Steck is a very credible source with the variety of perspectives he offers. Even though he is only one
person, his work at three different locations doing/applying AI research gives him three different
perspectives for how collaboration takes place. This paper will be evidence of a successful paper since it
was a feature in the 9th conference.
Szumlanski, S. 'Artificial Intelligence', 2015.
Interview one of my professors, Sean Szumlanski, who has done research in the field of Artificial
Intelligence in the past. This will give me an insightful insider view of research in the field.
Sean Szumlanski is currently a professor in the Computer Science department at UCF.

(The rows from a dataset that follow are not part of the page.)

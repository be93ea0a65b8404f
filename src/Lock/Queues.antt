-- ===== src/Lock/Queues.antt =====
-- The requests in the queue of a node: those that are granted, and those of a node that dies.
use mathlib.Core.Path.{subst}
use reiser.Base.{
  ℕ, ◌≤◌, ◌≡◌, refl, sym, ap, ◌∙◌, Bool, List, [], ◌∷◌, if_cases, Bool-cases, inl, inr, ◌==◌,
  put_at, count, arith,
}
use reiser.Lock.State.{
  is_read, Answer, ok, einval, e_repeat, e_deadlock, capture_failed, World, znode_is_write_locked,
}
use reiser.Lock.Primitives.{
  lock_object, can_lock_object, del_requestor, remove_lock_request, finish_request,
}
use reiser.Lock.Longterm.{invalidate_requests, dispatch}
use reiser.Lock.View.{owner_ids, Core, Thread, zs_of, ts_of, put_same}
use reiser.Lock.Counting.{taken, del_requestor-count}
use reiser.Lock.ViewSteps.{grant_core, grant_thread}
use reiser.Lock.QueueSteps.{dequeue_core}
use reiser.Lock.System.{Sound, to_sound, finish-IsSystem}
use reiser.Lock.Effects.{lock_object-zs, lock_object-ts, remove_lock_request-zs, finish_request-ts}
use reiser.Lock.Requests.{lock_object-Sound, compatible-MayLock, can_lock_object-compatible}

-- Whether the threads of a list are in the queue of the node.
abbrev pub Left : World → ℕ → List ℕ → Type 0
Left w n us = (u : ℕ) → count u us ≤ count u (w.zlocks n).requestors

module _ {asleep : ℕ → Bool} (w : World) (v : Sound asleep w) where
  -- A thread in the queue of a node asks for the node.
  pub queued-node : (n t : ℕ) → 1 ≤ count t (w.zlocks n).requestors → (w.stacks t).request.node ≡ n
  queued-node n t h = elim (Bool-cases ((w.stacks t).request.node == n)) [
    | inl e ↦ ground arith
    | inr e ↦ absurd (ground (arith, e, v.view.queued n t))
  ]

  pub finish-Sound :
      (n t : ℕ) (answer : Answer)
      → 1 ≤ count t (w.zlocks n).requestors
      → Sound asleep (finish_request (remove_lock_request w t) t answer)
  unfolding remove_lock_request finish_request
  finish-Sound n t answer h =
      let node = queued-node n t h in
      to_sound (finish_request (remove_lock_request w t) t answer) (remove_lock_request-zs w t)
        (finish_request-ts (remove_lock_request w t) t answer)
        (finish-IsSystem v t (subst (λ k. 1 ≤ count t (w.zlocks k).requestors) (sym node) h))

pub finish-queue :
    (w : World) (n t : ℕ) (answer : Answer)
    → (w.stacks t).request.node ≡ n
    → ((finish_request (remove_lock_request w t) t answer).zlocks n).requestors
      ≡ del_requestor t (w.zlocks n).requestors
unfolding remove_lock_request finish_request
finish-queue w n t answer e =
    let at = (w.stacks t).request.node in
    let z' = dequeue_core (ts_of w t) t (zs_of w at) in
    subst
      (λ k.
        (zs_of (remove_lock_request w t) k).requestors ≡ del_requestor t (w.zlocks k).requestors)
      e
      (ap (λ (f : ℕ → Core). (f at).requestors) (remove_lock_request-zs w t)
        ∙ ap (λ (z : Core). z.requestors) (put_at (zs_of w) at z'))

finish-Left :
    (w : World) (n t : ℕ) (us : List ℕ) (answer : Answer)
    → (w.stacks t).request.node ≡ n
    → Left w n (t ∷ us)
    → Left (finish_request (remove_lock_request w t) t answer) n us
finish-Left w n t us answer e left u =
    let del =
      del_requestor-count (λ b. b == u) t (w.zlocks n).requestors (ground (arith, left t)) in
    subst (λ qs. count u us ≤ count u qs) (sym (finish-queue w n t answer e))
      (omega (arith, del, left u))

pub invalidate_requests-Sound :
    {asleep : ℕ → Bool} (us : List ℕ) (w : World) (n : ℕ)
    → Left w n us
    → Sound asleep w
    → Sound asleep (invalidate_requests us w)
unfolding invalidate_requests
invalidate_requests-Sound [] w n left v = v
invalidate_requests-Sound (t ∷ us) w n left v =
    let h : 1 ≤ count t (w.zlocks n).requestors = ground (arith, left t) in
    let e = queued-node w v n t h in
    invalidate_requests-Sound us (finish_request (remove_lock_request w t) t einval) n
      (finish-Left w n t us einval e left) (finish-Sound w v n t einval h)

granted-queue :
    (w : World) (t k : ℕ) → ((lock_object w t).zlocks k).requestors ≡ (w.zlocks k).requestors
granted-queue w t k =
    let s = w.stacks t in
    let n = s.request.node in
    let z' =
      grant_core (taken (is_read s.request.mode) (w.zlocks n).nr_readers) s.curpri t (zs_of w n) in
    ap (λ (f : ℕ → Core). (f k).requestors) (lock_object-zs w t)
    ∙ put_same (λ (z : Core). z.requestors) (zs_of w) n z' refl k

granted-node :
    (w : World) (t : ℕ) → ((lock_object w t).stacks t).request.node ≡ (w.stacks t).request.node
granted-node w t =
    let n = (w.stacks t).request.node in
    ap (λ (f : ℕ → Thread). (f t).node) (lock_object-ts w t)
    ∙ ap (λ (th : Thread). th.node) (put_at (ts_of w) t (grant_thread n (ts_of w t)))

-- One request that is granted.
granted-Sound :
    {asleep : ℕ → Bool} (w : World) (n t : ℕ) (us : List ℕ)
    → Left w n (t ∷ us)
    → Sound asleep w
    → can_lock_object w t ≡ ok
    → let w' = finish_request (remove_lock_request (lock_object w t) t) t ok in
      Sound asleep w' × Left w' n us
granted-Sound w n t us left v e =
    let s = w.stacks t in
    let z = w.zlocks s.request.node in
    let h : 1 ≤ count t (w.zlocks n).requestors = ground (arith, left t) in
    let locked = lock_object w t in
    let queue = granted-queue w t n in
    let left' : Left locked n (t ∷ us) =
      λ u. subst (λ qs. count u (t ∷ us) ≤ count u qs) (sym queue) (left u) in
    (
      finish-Sound locked
          (lock_object-Sound w t v (
            compatible-MayLock z s.request.mode (owner_ids z.owners) t
              (can_lock_object-compatible w t e)))
          n t ok (subst (λ qs. 1 ≤ count t qs) (sym queue) h),
      finish-Left locked n t us ok (granted-node w t ∙ queued-node w v n t h) left',
    )

pub dispatch-Sound :
    {asleep : ℕ → Bool} (us : List ℕ) (w : World) (me n : ℕ)
    → Left w n us
    → Sound asleep w
    → Sound asleep (dispatch me n us w)
unfolding dispatch
dispatch-Sound [] w me n left v = v
dispatch-Sound {asleep} (t ∷ us) w me n left v =
    let granted = finish_request (remove_lock_request (lock_object w t) t) t ok in
    let skipped = dispatch-Sound us w me n (λ u. omega (arith, left u)) v in
    if_cases (λ (w : World). Sound asleep w) (znode_is_write_locked (w.zlocks n) me) (λ d. v)
      (λ d.
        (elim (can_lock_object w t)
            as (λ (x : Answer).
              can_lock_object w t ≡ x
              → Sound asleep (dispatch me n us (elim x as (λ y. World) [ ok ↦ granted | _ ↦ w ]))) [
                | ok ↦ λ e.
                    let (v', left') = granted-Sound w n t us left v e in
                    dispatch-Sound us granted me n left' v'
                | einval ↦ λ e. skipped
                | e_repeat ↦ λ e. skipped
                | e_deadlock ↦ λ e. skipped
                | capture_failed k ↦ λ e. skipped
              ])
          refl)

I have to be careful with this source because it is only one person, and he may work differently than the
typical artificial intelligence researcher. I will use the results of this interview as analysis. I will ask him
questions about what he thinks success is for an Artificial Intelligence researcher, what the common goal
of AI research is, and how successful he thinks he was in his time researching. I will try to ask him around
10-15 questions.
Szumlanski S., F. Gomez, and V. Sims. 2013. A New Set of Norms for Semantic Relatedness Measures.
ACL '13. pp. 890—895.
This paper lists the results of Dr. Szumlanski’s research on an algorithm for determining how related
pairs of nouns are. The algorithm generates a value based on large sets of data fed into the program
(from the web) containing uses of the nouns. The algorithm attempts to mimic the way that people pair
related nouns.
Sean Szumlanski is currently a professor in the Computer Science department at UCF.
I have to be hesitant with this source because it’s a single person, and he may collaborate different than
the average artificial intelligence researcher. He only did major research at one university, so it would be
a fallacy to extrapolate general trends from this one case. It could be useful in combination with others
though. I will examine his paper as evidence that corresponds with what he said in the interview.
Zachary, G.. (2015, June 17). Let’s Shape AI Before AI Shapes Us (1st ed.) [Online]. Available:
http://spectrum.ieee.org/robotics/artificial-intelligence/lets-shape-ai-before-ai-shapes-us
Zachary takes a look at the ways that AI could be implemented such that it would not take control of
humans. It is a brief article that is more focused on drawing attention to the fact that we need to model
it rather than actually proposing a model.
Zachary is a professor at Arizona State University and wrote Endless Frontier: Vannevar Bush, Engineer
of the American Century (MIT Press, 1999).
Coleman 11
Zachary does not only include his only beliefs on the matter, but instead chooses to reference varying
thoughts of famous computer scientists of today. This may be biased by mainly including the thoughts
from the rich, but it does include over three different perspectives of different sides to the argument. I
will use his paper as analysis of other people’s thoughts on AI.